'''

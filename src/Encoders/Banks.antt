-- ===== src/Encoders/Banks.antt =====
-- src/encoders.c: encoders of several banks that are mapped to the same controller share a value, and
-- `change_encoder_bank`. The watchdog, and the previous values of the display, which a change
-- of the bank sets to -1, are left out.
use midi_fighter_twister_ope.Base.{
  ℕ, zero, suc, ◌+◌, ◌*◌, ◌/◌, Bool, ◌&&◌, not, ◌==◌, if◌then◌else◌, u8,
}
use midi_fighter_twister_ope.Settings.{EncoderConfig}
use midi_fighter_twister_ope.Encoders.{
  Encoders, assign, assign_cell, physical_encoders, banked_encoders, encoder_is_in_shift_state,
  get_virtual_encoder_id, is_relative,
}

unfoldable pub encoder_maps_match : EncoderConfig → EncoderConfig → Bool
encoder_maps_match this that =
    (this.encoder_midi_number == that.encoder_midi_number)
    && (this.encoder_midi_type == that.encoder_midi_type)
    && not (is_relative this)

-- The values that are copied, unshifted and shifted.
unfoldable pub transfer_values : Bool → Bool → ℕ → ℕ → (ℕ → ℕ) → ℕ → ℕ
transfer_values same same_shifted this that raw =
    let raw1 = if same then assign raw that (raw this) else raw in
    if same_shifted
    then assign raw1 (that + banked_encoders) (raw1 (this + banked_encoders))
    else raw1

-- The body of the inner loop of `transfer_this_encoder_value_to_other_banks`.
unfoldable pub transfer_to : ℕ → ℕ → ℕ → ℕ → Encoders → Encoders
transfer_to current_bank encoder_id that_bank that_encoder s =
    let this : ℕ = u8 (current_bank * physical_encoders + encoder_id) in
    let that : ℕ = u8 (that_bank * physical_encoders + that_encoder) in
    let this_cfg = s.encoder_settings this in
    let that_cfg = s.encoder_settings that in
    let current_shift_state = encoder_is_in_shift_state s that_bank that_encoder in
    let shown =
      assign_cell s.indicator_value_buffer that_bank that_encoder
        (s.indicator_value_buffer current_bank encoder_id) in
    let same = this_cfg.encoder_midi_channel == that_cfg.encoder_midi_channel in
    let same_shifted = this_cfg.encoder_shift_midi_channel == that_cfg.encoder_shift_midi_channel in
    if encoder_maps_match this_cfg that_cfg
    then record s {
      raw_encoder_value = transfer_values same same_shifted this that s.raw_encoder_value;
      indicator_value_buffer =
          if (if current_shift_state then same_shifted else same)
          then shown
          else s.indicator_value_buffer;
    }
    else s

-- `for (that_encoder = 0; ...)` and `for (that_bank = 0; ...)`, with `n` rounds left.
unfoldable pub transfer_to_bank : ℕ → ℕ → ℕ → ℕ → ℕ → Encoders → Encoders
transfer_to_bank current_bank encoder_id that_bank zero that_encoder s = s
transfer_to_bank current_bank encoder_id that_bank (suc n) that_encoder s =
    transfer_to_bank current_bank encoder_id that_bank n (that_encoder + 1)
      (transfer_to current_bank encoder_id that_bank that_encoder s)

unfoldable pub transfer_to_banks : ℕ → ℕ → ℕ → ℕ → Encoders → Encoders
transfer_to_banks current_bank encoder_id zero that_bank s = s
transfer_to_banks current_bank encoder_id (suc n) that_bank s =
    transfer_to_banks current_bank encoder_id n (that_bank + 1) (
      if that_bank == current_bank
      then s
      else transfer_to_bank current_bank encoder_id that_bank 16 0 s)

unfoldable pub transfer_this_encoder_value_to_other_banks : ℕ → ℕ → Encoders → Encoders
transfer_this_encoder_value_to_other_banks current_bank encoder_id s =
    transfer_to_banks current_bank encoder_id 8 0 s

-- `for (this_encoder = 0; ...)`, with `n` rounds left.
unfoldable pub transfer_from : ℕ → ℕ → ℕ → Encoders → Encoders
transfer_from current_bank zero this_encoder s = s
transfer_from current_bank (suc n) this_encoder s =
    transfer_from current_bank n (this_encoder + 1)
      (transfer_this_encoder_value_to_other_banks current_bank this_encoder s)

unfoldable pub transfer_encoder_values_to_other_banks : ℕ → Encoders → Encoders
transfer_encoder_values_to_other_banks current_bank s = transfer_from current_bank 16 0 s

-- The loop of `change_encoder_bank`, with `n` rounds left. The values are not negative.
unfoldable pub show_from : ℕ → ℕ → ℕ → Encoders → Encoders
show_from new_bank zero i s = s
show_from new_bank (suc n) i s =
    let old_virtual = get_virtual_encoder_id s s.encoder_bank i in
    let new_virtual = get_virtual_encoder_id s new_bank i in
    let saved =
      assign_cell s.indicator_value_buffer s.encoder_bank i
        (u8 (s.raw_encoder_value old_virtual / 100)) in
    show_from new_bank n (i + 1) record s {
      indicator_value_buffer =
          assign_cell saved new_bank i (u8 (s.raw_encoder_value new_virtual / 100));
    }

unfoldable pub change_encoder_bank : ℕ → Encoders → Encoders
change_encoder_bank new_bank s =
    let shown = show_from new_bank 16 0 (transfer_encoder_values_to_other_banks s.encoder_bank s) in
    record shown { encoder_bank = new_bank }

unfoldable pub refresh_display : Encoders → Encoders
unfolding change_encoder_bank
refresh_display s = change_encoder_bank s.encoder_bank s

'''

• [Exercise] If a line contains the string "antt", it counts toward the total; state that total for the records above and nothing more.

• [Exercise output] 2